Kendari, 16 Maret 2019


Daftar Isi
BAB I
PENDAHULUAN

A. Latar Belajar
Teori belajar merupakan kumpulan prinsip umum yang saling

berhubungan dan penjelasan atas sejumlah fakta serta penemuan yang berkaitan

dengan peristiwa belajar. Secara umum, teori belajar terbagi menjadi tiga, yaitu

teori behavioristik, kognitif, dan humanism. Teori behavioristik menekankan

kajiannya pada pembentukan tingkah laku yang berdasarkan hubungan antara

stimulus dengan respon yang biasa diamati dan tidak menghubungkan dengan

kesadaran maupun kontruksi mental. Teori ini berlawanan dengan teori kognitif

yang mengemukakan bahwa proses belajar merupakan proses mental yang tidak

diamati secara kasat mata.

Belajar merupakan kegiatan penting yang harus dilakukan setiap orang

secara maksimal untuk dapat menguasai atau memperoleh sesuatu. Belajar dapat

didefinisikan secara sederhana sebagai suatu usaha atau kegiatan yang bertujuan

mengadakan perubahan didalam diri seseorang, mencakup perubahan tingkah

laku, sikap, kebiasaan, ilmu pengetahuan keterampilan dan sebagainya. Menurut

Winkel belajar adalah proses mental yang mengarah pada penguasaan

pengetahuan, kecakapan, dan dilakukan sehingga menimbulkan tingkah laku yang

progresif dan adatif.

Psikologi belajar merupakan adalah suatu ilmu jiwa yang berisi teori-teori

mengenai belajar, tentang bagaimana cara individu belajar atau melakukan

pembelajaran. Psikologi belajar merupakan ilmu terapan psikologi yang


terorientasi pada pendidikan. Secara historis, psikologi belajar pertama kali

dilakukan oleh ahli psikilogi seperti Eddinghaus (1885), Bryan dan Harter (1887,

1899) dan Thorndike (1898). Banyak psikolog membuat pengakuan eksplinsit

bahawa belajar merupakan hal sentral dalam mempelajari tingkah laku dalam

mempelajari tingkah laku (Hilgard, 1956). Pernyataan ini didukung oleh Tollman,

Gurthriedan, dan Hull.

Secara pragmatis teori belajar dapat dipahami sebagai prinsip umum atau

kumpulan yang saling berhubungan dan merupakan penjelasan atau sejumlah

fakta dan penemuan yang berkaitan dengan peristiwa belajar.

B. Rumusan Masalah

1. Apa Sejarah teori pembiasaan asosiasi dekat?

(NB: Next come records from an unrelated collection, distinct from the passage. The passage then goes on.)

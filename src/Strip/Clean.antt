-- ===== src/Strip/Clean.antt =====
-- What a strip leaves and reports.
use mathlib.Core.Path.{subst}
use kraken_d_operator.Base.{
  Bool, true, false, Option, none, some, List, [], ◌∷◌, ◌≡◌, ◌≢◌, ◌↔◌, ◌⊎◌, inl, inr, refl, sym,
  ◌∙◌, ap, All, All-map, All-self, Any-map, delete_func-Any, Any, delete_func, Bool-cases, arith,
}
use kraken_d_operator.Base.Maps.{lookup}
use kraken_d_operator.Base.Texts.{Text, text_eq, text_eq_iff, text_key, text_lt}
use kraken_d_operator.Route.Entries.{sort_by}
use kraken_d_operator.Route.Entries.Order.{sort_by-Any, Any-sort_by}
use kraken_d_operator.Strip.{
  NamespaceLevel, level_service, level_endpoint, level_backend, level_unknown, enterprise_only,
  ce_dropped_endpoint_namespaces, contains, Value, block, not_a_block, ExtraConfig, dropped_of,
  honored_rest, partly_stripped, strip_block, drops_of_block, with_value, ce_dropped_keys,
  ce_honored_keys, ee_only_namespaces, drops_of, drops_from, ce_drops, strip_value, strip_from,
  strip_namespaces,
}

contains_iff : (names : List Text) (n : Text) → (contains names n ≡ true) ↔ Any (λ m. m ≡ n) names
contains_iff [] n = ((λ h. ground (arith, h)), (λ h. absurd h))
contains_iff (m ∷ names) n =
    let rest = contains_iff names n in
    (
      (λ h. elim (Bool-cases (text_eq m n)) [
        | inl same ↦ inl ((text_eq_iff m n).0 same)
        | inr other ↦ inr (rest.0 (ground (arith, h, other)))
      ]),
      (λ h. elim h [
        | inl e ↦ ground (arith, (text_eq_iff m n).1 e)
        | inr k ↦ ground (arith, rest.1 k)
      ]),
    )

delete_func-mem :
    (p : Text → Bool) (k : Text) (keys : List Text)
    → Any (λ x. x ≡ k) keys
    → p k ≡ false
    → Any (λ x. x ≡ k) (delete_func p keys)
delete_func-mem p k [] m h = absurd m
delete_func-mem p k (x ∷ keys) (inl e) h = rw (ap p e, h) (inl e)
delete_func-mem p k (x ∷ keys) (inr m) h = elim (Bool-cases (p x)) [
  | inl gone ↦ rw gone (delete_func-mem p k keys m h)
  | inr stays ↦ rw stays (inr (delete_func-mem p k keys m h))
]

abbrev IsJudged : List Text → List Text → Text → Type 0
IsJudged honored dropped k = (contains honored k ≡ true) ⊎ (contains dropped k ≡ true)

honored_rest-empty :
    (honored dropped keys : List Text)
    → All (IsJudged honored dropped) keys
    → honored_rest honored (delete_func (λ k. contains dropped k) keys) ≡ []
honored_rest-empty honored dropped [] h = refl
honored_rest-empty honored dropped (k ∷ keys) (p, h) = elim (Bool-cases (contains dropped k)) [
  | inl gone ↦ rw gone (honored_rest-empty honored dropped keys h)
  | inr stays ↦ elim p [
    | inl good ↦ rw (stays, good) (honored_rest-empty honored dropped keys h)
    | inr bad ↦ ground (arith, stays, bad)
  ]
]

-- every key is honored or among the dropped ones
keys-IsJudged :
    (honored keys : List Text)
    → All (IsJudged honored (sort_by text_lt (honored_rest honored keys))) keys
keys-IsJudged honored keys =
    All-map _ _ keys
      (λ k m. elim (Bool-cases (contains honored k)) [
        | inl good ↦ inl good
        | inr bad ↦ inr (
            (contains_iff (sort_by text_lt (honored_rest honored keys)) k).1 (
              sort_by-Any text_lt (λ x. x ≡ k) (honored_rest honored keys)
                (delete_func-mem (λ x. contains honored x) k keys m bad)))
      ])
      (All-self keys)

-- nothing of the value is dropped
abbrev IsClean : NamespaceLevel → Text → Value → Type 0
IsClean level ns v = drops_of level ns (some v) ≡ []

-- what is left of a block has nothing to drop, by the keys of it that are honored
strip_block-clean :
    (ns : Text) (o : Option (List Text)) (keys left : List Text)
    → (strip_block (dropped_of o keys) keys).0 ≡ some (block left)
    → drops_of_block ns (dropped_of o left) ≡ []
strip_block-clean ns none keys left h = ground arith
strip_block-clean ns (some honored) keys left h =
    go (sort_by text_lt (honored_rest honored keys)) refl h
  where
    partly :
        (d : Text) (dropped rest : List Text)
        → sort_by text_lt (honored_rest honored keys) ≡ d ∷ dropped
        → rest ≡ delete_func (λ k. contains (d ∷ dropped) k) keys
        → (partly_stripped rest).0 ≡ some (block left)
        → drops_of_block ns (dropped_of (some honored) left) ≡ []
    partly d dropped [] e r h = ground (arith, h)
    partly d dropped (k ∷ rest) e r h =
        let q : k ∷ rest ≡ left = ground (arith, h) in
        let judged : All (IsJudged honored (d ∷ dropped)) keys =
          rw e at (keys-IsJudged honored keys) in
        let cut : left ≡ delete_func (λ x. contains (d ∷ dropped) x) keys = sym q ∙ r in
        rw (cut, honored_rest-empty honored (d ∷ dropped) keys judged) refl

    go :
        (dropped : List Text)
        → sort_by text_lt (honored_rest honored keys) ≡ dropped
        → (strip_block (true, dropped) keys).0 ≡ some (block left)
        → drops_of_block ns (dropped_of (some honored) left) ≡ []
    go [] e h = let q : keys ≡ left = ground (arith, h) in rw (sym q, e) refl
    go (d ∷ dropped) e h = partly d dropped _ e refl h

partly_stripped-block : (keys : List Text) → (partly_stripped keys).0 ≢ some not_a_block
partly_stripped-block [] h = ground arith
partly_stripped-block (k ∷ keys) h = ground arith

strip_block-block :
    (judged : Bool × List Text) (keys : List Text) → (strip_block judged keys).0 ≢ some not_a_block
strip_block-block (false, dropped) keys h = ground arith
strip_block-block (true, []) keys h = ground arith
strip_block-block (true, d ∷ dropped) keys h = partly_stripped-block _ h

strip_value-IsClean :
    (level : NamespaceLevel) (ns : Text) (v w : Value)
    → (strip_value level ns v).0 ≡ some w
    → IsClean level ns w
unfolding strip_value drops_of ce_dropped_keys
strip_value-IsClean level ns not_a_block w h = ground arith
strip_value-IsClean level ns (block keys) not_a_block h =
    absurd (strip_block-block (dropped_of (ce_honored_keys level ns) keys) keys h)
strip_value-IsClean level ns (block keys) (block left) h =
    strip_block-clean ns (ce_honored_keys level ns) keys left h

-- No entry of a namespace among `names` has anything to drop.
abbrev AllClean : NamespaceLevel → List Text → ExtraConfig → Type 0
AllClean level names ec = All (λ e. (contains names e.0 ≡ false) ⊎ IsClean level e.0 e.1) ec

with_value-AllClean :
    (level : NamespaceLevel) (names : List Text) (ns : Text) (o : Option Value) (ec : ExtraConfig)
    → ((w : Value) → o ≡ some w → IsClean level ns w)
    → AllClean level names ec
    → AllClean level names (with_value ns o ec)
with_value-AllClean level names ns none ec f h = h
with_value-AllClean level names ns (some w) ec f h = (inr (f w refl), h)

strip_from-AllClean :
    (level : NamespaceLevel) (names : List Text) (ec : ExtraConfig)
    → AllClean level names (strip_from level names ec).0
unfolding strip_from
strip_from-AllClean level names [] = tt
strip_from-AllClean level names ((ns, v) ∷ ec) = elim (Bool-cases (contains names ns)) [
  | inl listed ↦
      rw (strip_from, listed)
        (with_value-AllClean level names ns (strip_value level ns v).0 _
          (λ w e. strip_value-IsClean level ns v w e) (strip_from-AllClean level names ec))
  | inr other ↦ rw (strip_from, other) (inl other, strip_from-AllClean level names ec)
]

lookup-AllClean :
    (level : NamespaceLevel) (names : List Text) (ns : Text) (ec : ExtraConfig)
    → AllClean level names ec
    → contains names ns ≡ true
    → drops_of level ns (lookup ns ec) ≡ []
unfolding drops_of
lookup-AllClean level names ns [] h m = refl
lookup-AllClean level names ns ((k, v) ∷ ec) (p, h) m = elim (Bool-cases (text_eq k ns)) [
  | inr other ↦ rw other (lookup-AllClean level names ns ec h m)
  | inl same ↦
      let e = (text_eq_iff k ns).0 same in
      elim p [
        | inl unlisted ↦
            let bad : contains names ns ≡ false = rw e at unlisted in ground (arith, bad, m)
        | inr clean ↦
            let good : drops_of level ns (some v) ≡ [] =
              subst (λ x. drops_of level x (some v) ≡ []) e clean in
            rw same good
      ]
]

drops_from-AllClean :
    (level : NamespaceLevel) (names : List Text) (some_names : List Text) (ec : ExtraConfig)
    → AllClean level names ec
    → All (λ n. contains names n ≡ true) some_names
    → drops_from level some_names ec ≡ []
drops_from-AllClean level names [] ec h m = refl
drops_from-AllClean level names (n ∷ rest) ec h (p, m) =
    rw (lookup-AllClean level names n ec h p) (drops_from-AllClean level names rest ec h m)

ee_only-listed :
    (level : NamespaceLevel)
    → All (λ n. contains (enterprise_only level) n ≡ true) (ee_only_namespaces level)
unfolding ee_only_namespaces
ee_only-listed level =
    All-map _ _ (ee_only_namespaces level)
      (λ n m. (contains_iff (enterprise_only level) n).1 (member level n m))
      (All-self (ee_only_namespaces level))
  where
    member :
        (l : NamespaceLevel) (n : Text)
        → Any (λ x. x ≡ n) (ee_only_namespaces l)
        → Any (λ x. x ≡ n) (enterprise_only l)
    member level_service n m = Any-sort_by text_lt (λ x. x ≡ n) (enterprise_only level_service) m
    member level_backend n m = Any-sort_by text_lt (λ x. x ≡ n) (enterprise_only level_backend) m
    member level_unknown n m = Any-sort_by text_lt (λ x. x ≡ n) (enterprise_only level_unknown) m
    member level_endpoint n m =
        Any-sort_by text_lt (λ x. x ≡ n) (enterprise_only level_endpoint)
          (Any-map (λ x. (x ≡ n) × (contains ce_dropped_endpoint_namespaces x ≡ false)) (λ x. x ≡ n)
            (sort_by text_lt (enterprise_only level_endpoint)) (λ x h. h.0)
            (delete_func-Any (λ x. contains ce_dropped_endpoint_namespaces x) (λ x. x ≡ n)
              (sort_by text_lt (enterprise_only level_endpoint)) m))

-- At every level, `CEDrops` reports nothing of what a strip by the level's Enterprise-only names
-- leaves of an extra_config.
pub strip_namespaces-clean :
    (level : NamespaceLevel) (ec : ExtraConfig)
    → ce_drops level (strip_namespaces level (enterprise_only level) ec).0 ≡ []
unfolding ce_drops strip_namespaces
strip_namespaces-clean level ec =
    drops_from-AllClean level (enterprise_only level) (ee_only_namespaces level) _
      (strip_from-AllClean level (enterprise_only level) ec) (ee_only-listed level)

2. Apa pandangan Guthri tentang Motivasi, lupa, hukuman, niat dan transfer

training?

3. Apa hukum pembiasaan asosiasi dekat?

C. Tujuan Penulisan

1. Untuk mengetahui sejarah teori pembiasaan asosiasi dekat.

2. Untuk mengetahui pandangan Guthri tentang Motivasi, lupa, hukuman,

niat dan transfer training.

3. Untuk mengetahui hukum pembiasaan asosiasi.


BAB II

PEMBAHASAN

Teori belajar pembiasaan asosiasi dekat (Contiguous conditioning)

adalah sebuah teori yang mengasumsikan terjadinya peristiwa belajar berdasarkan

yang mengasumsikan terjadinya peristiwa-peristiwa belajar berdasarkan

kedekatan hubungan antara stimulus dengan respon yang relevan . contiguous

Conditioning sering disebut sebagai teori belajar istemewa karena paling

sederhana dan efisien , karna didalamnya hanya terdapat satu prinsip ,yaitu

kontiguitas (contiguity) yaitu kedekatan antara stimulus dan respon. Dalam teori

ini apa yang sesungguhnya dipelajari orang, misalnya seseorang siswa, adalah

reaksi atau respon terakhir yang muncul atas sebuah rangasangan atau stimulus.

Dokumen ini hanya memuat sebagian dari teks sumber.